- **WHAT IS REQUIRED**
Go through the records and count every line that holds "else". Only the number belongs in the reply.
+---+
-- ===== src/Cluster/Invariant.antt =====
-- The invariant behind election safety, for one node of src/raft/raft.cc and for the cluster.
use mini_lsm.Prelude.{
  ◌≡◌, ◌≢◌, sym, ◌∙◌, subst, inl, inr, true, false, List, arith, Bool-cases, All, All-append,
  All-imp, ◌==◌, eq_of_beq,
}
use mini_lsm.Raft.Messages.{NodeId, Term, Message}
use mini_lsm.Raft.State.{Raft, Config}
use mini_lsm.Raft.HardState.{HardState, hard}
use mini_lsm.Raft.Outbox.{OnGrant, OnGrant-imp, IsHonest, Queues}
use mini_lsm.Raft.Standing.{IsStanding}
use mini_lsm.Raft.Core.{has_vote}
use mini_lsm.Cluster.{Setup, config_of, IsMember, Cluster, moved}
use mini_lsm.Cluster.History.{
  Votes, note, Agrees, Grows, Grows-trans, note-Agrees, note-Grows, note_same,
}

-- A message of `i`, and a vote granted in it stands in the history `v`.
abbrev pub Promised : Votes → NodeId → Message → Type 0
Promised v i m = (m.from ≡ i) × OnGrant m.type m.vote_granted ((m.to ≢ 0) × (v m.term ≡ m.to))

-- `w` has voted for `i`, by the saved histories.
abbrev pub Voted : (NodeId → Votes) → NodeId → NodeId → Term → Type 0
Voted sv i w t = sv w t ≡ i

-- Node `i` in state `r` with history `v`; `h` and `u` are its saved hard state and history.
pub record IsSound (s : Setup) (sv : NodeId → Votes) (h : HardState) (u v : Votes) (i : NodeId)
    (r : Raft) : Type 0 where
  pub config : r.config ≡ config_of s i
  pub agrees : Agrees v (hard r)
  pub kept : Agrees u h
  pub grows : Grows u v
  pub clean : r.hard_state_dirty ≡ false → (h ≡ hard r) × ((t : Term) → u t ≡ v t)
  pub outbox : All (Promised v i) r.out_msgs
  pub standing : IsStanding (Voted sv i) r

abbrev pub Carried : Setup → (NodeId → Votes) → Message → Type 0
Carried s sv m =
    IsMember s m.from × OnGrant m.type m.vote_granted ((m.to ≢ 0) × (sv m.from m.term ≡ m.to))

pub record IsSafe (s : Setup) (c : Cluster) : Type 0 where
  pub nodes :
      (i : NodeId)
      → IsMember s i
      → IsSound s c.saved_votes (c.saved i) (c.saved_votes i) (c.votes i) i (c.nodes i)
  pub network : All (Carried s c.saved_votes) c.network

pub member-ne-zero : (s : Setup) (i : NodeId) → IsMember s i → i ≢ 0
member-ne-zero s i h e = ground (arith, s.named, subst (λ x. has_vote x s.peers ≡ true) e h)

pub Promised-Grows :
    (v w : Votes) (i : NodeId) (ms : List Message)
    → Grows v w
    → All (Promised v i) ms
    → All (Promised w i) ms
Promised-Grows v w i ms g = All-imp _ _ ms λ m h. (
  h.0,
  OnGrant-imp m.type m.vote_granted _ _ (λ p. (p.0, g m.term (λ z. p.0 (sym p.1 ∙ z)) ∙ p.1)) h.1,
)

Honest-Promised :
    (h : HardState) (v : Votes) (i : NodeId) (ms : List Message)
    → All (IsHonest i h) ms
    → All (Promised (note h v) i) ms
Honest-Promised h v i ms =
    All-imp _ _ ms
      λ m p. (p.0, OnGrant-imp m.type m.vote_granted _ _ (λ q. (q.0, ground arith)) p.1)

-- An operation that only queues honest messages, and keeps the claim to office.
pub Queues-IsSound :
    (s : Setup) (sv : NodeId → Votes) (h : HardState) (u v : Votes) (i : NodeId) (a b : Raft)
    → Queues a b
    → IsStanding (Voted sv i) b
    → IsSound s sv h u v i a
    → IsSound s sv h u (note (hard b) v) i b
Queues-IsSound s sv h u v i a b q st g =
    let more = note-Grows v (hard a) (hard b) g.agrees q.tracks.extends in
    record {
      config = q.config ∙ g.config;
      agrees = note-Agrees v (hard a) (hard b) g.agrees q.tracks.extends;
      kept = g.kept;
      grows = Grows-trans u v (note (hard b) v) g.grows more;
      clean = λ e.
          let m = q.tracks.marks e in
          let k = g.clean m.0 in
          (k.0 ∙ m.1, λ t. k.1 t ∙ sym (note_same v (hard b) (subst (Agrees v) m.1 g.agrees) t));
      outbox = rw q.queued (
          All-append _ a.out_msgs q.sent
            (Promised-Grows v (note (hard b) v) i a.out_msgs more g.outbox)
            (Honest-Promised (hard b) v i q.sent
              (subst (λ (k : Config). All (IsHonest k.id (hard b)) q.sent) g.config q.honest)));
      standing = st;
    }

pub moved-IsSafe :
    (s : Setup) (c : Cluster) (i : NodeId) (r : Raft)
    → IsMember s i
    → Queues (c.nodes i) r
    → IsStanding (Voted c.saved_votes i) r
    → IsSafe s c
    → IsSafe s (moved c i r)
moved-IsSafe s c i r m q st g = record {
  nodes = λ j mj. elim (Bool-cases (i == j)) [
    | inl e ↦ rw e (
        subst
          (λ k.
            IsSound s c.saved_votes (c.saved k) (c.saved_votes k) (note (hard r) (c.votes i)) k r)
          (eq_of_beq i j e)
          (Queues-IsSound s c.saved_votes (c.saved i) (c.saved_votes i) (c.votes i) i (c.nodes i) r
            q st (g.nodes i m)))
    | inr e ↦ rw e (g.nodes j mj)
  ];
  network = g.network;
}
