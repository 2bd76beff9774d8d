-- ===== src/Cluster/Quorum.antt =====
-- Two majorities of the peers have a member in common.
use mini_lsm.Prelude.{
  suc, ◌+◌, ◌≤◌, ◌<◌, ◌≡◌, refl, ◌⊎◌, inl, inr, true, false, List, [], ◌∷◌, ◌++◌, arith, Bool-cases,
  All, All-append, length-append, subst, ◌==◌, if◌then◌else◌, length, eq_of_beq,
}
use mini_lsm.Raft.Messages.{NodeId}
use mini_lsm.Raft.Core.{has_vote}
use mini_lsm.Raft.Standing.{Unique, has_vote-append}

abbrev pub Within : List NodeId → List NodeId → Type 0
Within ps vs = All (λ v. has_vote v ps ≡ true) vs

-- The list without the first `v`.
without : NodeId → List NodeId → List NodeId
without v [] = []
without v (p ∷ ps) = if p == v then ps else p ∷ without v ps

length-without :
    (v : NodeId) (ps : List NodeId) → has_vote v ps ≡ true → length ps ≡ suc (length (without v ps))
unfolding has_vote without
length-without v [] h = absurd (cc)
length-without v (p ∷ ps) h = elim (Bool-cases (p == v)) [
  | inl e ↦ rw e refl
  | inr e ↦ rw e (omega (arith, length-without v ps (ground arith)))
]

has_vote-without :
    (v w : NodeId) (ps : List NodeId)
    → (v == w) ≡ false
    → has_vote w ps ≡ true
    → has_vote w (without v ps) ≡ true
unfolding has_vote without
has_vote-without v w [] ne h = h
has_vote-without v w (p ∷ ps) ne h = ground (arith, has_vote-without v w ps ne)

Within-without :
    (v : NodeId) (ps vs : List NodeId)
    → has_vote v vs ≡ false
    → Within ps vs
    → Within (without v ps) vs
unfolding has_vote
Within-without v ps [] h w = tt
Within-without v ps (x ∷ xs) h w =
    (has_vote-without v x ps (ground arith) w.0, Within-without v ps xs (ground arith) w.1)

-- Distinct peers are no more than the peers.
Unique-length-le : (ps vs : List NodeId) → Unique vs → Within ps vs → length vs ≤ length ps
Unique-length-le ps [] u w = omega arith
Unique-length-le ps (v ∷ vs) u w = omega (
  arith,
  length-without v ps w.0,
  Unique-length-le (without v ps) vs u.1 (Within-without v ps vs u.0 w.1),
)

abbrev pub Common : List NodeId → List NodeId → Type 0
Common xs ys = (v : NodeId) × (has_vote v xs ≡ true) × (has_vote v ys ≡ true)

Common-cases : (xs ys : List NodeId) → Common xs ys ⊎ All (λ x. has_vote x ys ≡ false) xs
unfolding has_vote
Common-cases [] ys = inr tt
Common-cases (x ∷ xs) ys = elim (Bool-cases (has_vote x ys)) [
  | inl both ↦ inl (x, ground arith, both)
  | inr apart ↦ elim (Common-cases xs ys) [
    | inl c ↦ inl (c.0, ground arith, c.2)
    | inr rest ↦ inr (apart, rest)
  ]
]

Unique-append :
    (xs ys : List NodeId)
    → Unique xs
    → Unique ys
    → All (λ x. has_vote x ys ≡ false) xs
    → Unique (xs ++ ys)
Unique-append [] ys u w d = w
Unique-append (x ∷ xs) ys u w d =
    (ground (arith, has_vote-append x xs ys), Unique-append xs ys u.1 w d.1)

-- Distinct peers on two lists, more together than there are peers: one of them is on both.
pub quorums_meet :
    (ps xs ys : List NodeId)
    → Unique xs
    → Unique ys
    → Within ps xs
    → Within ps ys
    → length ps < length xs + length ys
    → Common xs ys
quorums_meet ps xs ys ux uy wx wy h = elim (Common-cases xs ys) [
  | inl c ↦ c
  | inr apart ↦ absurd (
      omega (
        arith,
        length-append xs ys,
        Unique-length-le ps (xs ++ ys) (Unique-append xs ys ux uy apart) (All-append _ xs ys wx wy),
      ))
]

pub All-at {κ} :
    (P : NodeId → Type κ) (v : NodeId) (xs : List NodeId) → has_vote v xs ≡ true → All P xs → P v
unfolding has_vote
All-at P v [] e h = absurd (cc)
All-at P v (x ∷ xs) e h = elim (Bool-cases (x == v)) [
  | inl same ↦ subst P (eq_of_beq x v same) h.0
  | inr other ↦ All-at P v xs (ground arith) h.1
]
+---+
- **EXERCISE SOLUTION**
2